#### [Stored data entries]
--------------------------------
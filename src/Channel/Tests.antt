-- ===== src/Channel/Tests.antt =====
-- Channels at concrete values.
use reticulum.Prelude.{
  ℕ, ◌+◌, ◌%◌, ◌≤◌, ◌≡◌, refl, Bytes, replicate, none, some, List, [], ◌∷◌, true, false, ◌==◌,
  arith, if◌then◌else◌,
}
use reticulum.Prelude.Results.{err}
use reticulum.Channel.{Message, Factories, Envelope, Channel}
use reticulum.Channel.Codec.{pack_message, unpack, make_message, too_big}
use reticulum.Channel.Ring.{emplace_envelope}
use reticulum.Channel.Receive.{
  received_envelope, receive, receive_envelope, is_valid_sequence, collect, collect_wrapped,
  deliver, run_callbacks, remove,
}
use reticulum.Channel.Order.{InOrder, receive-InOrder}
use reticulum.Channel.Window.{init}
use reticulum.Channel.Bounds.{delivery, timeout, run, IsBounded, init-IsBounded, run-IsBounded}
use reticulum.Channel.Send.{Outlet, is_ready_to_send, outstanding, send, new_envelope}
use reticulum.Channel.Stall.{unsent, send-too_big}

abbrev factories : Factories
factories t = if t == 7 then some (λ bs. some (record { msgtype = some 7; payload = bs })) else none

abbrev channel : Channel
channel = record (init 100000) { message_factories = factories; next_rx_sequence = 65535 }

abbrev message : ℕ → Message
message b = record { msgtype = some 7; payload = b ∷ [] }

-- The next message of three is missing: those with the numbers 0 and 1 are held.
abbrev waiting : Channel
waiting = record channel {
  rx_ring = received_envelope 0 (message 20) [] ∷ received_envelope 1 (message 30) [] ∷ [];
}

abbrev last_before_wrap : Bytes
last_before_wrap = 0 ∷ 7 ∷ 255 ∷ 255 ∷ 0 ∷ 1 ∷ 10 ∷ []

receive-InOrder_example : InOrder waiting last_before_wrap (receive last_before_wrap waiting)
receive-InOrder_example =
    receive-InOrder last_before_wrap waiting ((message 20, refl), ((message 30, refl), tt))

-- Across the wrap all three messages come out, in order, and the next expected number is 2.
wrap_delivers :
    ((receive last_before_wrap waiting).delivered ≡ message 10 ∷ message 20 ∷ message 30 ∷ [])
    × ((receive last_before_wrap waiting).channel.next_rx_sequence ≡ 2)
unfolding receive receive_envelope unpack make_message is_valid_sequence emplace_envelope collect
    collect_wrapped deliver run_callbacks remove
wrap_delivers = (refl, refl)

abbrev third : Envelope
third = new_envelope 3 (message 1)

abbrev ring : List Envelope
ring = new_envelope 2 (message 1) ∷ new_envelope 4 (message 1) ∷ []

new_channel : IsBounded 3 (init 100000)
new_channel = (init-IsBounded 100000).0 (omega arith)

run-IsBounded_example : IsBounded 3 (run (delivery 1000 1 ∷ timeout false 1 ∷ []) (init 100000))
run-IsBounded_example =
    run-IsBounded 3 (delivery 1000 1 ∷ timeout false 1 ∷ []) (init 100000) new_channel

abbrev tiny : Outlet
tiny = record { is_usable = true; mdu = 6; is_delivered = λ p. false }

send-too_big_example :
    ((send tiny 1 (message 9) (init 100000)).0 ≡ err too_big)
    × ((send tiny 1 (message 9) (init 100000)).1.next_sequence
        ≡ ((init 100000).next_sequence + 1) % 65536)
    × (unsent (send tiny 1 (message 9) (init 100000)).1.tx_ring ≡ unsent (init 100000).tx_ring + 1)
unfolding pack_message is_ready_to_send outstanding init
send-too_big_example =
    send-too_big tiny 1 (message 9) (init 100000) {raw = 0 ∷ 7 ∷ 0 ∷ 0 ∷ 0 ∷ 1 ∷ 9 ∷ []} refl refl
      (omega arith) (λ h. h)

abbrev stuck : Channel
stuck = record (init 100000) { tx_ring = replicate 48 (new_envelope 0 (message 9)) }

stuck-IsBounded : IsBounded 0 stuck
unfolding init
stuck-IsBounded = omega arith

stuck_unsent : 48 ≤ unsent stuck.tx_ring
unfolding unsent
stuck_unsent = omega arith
--------------------------------
#### [REQUIRED ACTION]
Using the records above, copy word for word the line with "abbrev factories : Factories", the line with "abbrev last_before_wrap : Bytes", and every line between them.

#### [RESPONSE AREA]
abbrev factories : Factories
factories t = if t == 7 then some (λ bs. some (record { msgtype = some 7; payload = bs })) else none

abbrev channel : Channel
channel = record (init 100000) { message_factories = factories; next_rx_sequence = 65535 }

abbrev message : ℕ → Message
message b = record { msgtype = some 7; payload = b ∷ [] }

-- The next message of three is missing: those with the numbers 0 and 1 are held.
abbrev waiting : Channel
waiting = record channel {
  rx_ring = received_envelope 0 (message 20) [] ∷ received_envelope 1 (message 30) [] ∷ [];
}

abbrev last_before_wrap : Bytes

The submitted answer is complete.